- [WHAT THIS TASK INVOLVES]: Return all lines from the entries below in which the word "objects" is present.

- [DATA EXTRACT]:
• • • • • • •
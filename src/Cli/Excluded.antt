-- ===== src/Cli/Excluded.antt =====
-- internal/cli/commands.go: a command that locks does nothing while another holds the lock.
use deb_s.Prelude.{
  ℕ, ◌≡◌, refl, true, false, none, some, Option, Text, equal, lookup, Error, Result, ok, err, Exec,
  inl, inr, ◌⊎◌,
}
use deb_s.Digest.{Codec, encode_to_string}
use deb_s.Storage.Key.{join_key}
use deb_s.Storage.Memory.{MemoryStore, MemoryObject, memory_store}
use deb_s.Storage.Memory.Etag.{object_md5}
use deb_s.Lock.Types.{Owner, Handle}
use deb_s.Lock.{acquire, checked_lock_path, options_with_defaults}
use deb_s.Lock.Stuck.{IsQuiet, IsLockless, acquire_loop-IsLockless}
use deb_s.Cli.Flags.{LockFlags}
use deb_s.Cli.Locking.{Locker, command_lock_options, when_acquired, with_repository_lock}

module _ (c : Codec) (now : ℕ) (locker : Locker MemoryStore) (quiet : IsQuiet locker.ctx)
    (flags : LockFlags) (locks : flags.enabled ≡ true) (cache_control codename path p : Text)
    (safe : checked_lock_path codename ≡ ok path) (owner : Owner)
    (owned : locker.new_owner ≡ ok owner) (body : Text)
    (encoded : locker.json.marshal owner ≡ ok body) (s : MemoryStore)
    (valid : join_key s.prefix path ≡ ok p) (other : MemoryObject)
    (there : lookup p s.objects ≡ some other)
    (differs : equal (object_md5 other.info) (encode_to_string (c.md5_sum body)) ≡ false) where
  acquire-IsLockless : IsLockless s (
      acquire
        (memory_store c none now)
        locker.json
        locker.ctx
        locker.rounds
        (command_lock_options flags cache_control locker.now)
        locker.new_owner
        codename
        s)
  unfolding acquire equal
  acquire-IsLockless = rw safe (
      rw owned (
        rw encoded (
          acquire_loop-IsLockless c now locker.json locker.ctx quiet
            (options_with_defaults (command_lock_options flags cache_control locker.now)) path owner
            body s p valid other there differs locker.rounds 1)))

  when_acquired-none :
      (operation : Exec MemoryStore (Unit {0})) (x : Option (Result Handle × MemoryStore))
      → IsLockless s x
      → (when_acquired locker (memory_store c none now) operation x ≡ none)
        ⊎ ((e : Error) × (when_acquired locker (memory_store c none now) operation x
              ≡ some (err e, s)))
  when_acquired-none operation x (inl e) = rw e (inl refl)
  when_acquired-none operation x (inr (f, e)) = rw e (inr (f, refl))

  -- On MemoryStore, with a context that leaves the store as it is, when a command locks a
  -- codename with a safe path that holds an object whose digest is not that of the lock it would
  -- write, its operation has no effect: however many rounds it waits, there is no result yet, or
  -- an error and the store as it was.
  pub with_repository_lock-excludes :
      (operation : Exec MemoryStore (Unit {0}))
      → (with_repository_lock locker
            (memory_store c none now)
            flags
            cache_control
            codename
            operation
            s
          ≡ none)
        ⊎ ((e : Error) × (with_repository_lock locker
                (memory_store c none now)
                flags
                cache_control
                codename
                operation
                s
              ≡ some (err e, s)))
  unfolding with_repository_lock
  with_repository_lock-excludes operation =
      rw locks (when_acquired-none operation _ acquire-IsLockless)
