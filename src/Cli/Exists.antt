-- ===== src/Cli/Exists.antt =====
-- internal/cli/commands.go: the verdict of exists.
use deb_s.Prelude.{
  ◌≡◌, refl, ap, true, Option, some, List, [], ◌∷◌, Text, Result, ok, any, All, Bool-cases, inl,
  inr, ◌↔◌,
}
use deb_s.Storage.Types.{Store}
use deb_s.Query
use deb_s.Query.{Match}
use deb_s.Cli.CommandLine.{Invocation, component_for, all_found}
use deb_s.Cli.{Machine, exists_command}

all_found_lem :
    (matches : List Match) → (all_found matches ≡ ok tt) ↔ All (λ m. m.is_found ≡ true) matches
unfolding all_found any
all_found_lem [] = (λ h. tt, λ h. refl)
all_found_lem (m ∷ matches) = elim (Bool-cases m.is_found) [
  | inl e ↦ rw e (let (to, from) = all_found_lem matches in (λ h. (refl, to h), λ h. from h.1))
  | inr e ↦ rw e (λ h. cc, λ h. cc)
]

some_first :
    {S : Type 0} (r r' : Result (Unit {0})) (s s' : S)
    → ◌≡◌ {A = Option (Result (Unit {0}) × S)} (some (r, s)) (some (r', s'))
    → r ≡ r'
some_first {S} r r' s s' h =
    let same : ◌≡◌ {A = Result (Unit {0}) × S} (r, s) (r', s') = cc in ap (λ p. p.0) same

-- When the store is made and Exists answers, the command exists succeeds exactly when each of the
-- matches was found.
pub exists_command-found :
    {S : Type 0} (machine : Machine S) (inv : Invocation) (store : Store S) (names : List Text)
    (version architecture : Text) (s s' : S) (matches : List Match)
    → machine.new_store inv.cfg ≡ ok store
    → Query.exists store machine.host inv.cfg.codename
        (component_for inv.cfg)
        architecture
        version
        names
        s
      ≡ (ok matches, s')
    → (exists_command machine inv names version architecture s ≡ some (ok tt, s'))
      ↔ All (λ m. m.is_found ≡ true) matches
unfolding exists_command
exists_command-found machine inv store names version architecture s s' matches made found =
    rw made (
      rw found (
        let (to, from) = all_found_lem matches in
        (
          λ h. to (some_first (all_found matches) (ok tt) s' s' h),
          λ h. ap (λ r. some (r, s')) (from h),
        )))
• • • • • • •
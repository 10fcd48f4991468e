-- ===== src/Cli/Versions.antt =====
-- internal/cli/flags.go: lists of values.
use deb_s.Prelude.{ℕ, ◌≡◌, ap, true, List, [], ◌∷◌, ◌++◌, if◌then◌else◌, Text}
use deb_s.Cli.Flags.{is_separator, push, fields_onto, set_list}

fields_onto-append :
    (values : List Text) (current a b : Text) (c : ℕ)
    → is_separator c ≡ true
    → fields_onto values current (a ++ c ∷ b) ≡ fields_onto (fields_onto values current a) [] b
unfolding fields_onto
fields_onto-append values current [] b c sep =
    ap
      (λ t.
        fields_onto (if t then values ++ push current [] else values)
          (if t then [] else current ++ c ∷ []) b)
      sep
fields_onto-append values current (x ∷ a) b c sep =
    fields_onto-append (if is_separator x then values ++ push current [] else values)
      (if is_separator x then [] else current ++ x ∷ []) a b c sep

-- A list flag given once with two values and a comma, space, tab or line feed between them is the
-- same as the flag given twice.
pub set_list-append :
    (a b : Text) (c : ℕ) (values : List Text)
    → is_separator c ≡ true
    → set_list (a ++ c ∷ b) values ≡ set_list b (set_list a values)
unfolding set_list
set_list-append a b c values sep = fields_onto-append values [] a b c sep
• • • • • • •
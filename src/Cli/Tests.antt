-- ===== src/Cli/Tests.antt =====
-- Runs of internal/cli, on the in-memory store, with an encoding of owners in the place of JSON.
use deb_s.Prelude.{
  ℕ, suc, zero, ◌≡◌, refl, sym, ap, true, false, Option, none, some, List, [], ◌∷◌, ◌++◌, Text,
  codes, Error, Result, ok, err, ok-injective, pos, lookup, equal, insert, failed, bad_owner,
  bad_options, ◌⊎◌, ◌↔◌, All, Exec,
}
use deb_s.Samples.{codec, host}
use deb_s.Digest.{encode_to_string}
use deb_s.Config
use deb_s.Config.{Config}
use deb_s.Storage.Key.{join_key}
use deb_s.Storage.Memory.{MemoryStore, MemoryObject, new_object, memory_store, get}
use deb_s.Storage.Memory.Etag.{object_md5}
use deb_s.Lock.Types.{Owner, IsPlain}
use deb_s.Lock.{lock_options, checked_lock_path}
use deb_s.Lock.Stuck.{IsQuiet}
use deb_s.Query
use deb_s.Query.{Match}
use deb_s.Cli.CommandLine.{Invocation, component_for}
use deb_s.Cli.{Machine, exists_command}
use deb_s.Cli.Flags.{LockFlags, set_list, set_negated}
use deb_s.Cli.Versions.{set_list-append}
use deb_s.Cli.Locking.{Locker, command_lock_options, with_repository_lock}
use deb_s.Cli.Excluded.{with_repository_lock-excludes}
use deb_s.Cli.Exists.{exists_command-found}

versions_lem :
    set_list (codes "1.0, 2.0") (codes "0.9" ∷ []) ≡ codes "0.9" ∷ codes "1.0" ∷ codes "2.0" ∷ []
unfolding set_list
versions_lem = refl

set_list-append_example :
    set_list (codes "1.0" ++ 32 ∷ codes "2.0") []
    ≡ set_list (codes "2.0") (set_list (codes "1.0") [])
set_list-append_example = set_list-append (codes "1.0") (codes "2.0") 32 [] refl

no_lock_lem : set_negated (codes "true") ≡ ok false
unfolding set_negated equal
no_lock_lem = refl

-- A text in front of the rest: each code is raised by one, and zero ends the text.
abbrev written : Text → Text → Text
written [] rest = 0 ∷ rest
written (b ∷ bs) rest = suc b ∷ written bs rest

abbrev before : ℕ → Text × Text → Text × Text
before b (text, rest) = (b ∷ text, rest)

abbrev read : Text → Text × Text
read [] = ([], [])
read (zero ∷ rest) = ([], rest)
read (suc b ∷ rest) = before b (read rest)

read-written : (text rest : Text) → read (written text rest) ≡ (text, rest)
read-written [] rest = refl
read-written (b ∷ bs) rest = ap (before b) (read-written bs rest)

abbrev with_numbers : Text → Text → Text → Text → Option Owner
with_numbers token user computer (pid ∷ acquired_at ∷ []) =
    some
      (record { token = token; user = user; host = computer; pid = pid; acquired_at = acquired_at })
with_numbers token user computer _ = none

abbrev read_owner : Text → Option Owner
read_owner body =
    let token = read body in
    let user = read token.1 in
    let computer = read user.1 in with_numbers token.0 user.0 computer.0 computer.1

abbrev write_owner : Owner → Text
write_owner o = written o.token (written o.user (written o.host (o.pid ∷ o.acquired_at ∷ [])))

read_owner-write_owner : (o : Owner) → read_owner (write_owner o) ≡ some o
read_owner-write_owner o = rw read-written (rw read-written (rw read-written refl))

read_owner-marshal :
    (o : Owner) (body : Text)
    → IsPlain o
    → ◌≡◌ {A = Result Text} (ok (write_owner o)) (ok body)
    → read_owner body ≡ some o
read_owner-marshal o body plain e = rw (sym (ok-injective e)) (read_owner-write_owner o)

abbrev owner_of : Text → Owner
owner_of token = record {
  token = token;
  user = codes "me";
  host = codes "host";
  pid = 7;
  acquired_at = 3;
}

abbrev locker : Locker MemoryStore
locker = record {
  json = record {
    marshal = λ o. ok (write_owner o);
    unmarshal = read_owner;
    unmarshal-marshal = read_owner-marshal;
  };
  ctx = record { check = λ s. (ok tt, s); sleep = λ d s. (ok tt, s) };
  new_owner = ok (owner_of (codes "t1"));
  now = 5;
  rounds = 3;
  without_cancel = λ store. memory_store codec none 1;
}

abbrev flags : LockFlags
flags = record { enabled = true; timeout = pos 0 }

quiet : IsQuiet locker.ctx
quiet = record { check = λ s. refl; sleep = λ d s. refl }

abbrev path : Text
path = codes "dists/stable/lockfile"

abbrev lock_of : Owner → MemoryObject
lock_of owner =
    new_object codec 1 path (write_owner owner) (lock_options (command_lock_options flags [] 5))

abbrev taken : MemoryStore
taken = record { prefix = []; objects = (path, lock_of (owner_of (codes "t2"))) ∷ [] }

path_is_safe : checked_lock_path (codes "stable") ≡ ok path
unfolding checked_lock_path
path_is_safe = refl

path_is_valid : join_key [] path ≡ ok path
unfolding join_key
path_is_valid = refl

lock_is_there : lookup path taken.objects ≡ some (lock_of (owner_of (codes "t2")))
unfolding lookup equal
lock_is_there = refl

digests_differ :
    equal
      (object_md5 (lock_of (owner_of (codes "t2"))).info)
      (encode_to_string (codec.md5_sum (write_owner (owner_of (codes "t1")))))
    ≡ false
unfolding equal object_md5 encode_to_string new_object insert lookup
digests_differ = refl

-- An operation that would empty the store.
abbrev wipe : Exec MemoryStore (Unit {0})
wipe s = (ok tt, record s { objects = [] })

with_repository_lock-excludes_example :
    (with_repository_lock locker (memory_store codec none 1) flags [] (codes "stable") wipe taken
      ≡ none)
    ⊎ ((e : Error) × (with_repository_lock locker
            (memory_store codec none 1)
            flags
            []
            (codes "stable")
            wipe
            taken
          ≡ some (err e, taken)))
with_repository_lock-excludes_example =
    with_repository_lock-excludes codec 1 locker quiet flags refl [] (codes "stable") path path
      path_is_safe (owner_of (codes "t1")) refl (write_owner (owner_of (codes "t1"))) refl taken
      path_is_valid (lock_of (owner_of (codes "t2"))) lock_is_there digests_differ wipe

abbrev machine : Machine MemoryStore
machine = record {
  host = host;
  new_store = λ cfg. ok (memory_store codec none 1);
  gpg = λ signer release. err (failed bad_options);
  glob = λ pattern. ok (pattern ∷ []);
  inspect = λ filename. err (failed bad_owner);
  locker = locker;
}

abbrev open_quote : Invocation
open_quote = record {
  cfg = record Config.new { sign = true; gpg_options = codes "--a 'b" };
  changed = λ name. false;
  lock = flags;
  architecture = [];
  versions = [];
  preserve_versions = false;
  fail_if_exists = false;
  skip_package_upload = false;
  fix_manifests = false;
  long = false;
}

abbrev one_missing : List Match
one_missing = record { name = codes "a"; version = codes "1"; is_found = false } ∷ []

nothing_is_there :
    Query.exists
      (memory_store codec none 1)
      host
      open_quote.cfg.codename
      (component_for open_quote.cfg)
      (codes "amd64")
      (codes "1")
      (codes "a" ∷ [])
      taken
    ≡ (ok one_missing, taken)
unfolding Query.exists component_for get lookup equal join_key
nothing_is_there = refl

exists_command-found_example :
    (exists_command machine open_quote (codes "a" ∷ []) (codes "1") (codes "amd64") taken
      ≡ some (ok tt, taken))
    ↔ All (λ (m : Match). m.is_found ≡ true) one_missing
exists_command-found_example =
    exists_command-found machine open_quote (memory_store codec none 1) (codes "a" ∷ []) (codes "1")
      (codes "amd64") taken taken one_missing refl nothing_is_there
• • • • • • •
- [EXERCISE SOLUTION]:
    (there : lookup p s.objects ≡ some other)
taken = record { prefix = []; objects = (path, lock_of (owner_of (codes "t2"))) ∷ [] }
lock_is_there : lookup path taken.objects ≡ some (lock_of (owner_of (codes "t2")))
wipe s = (ok tt, record s { objects = [] })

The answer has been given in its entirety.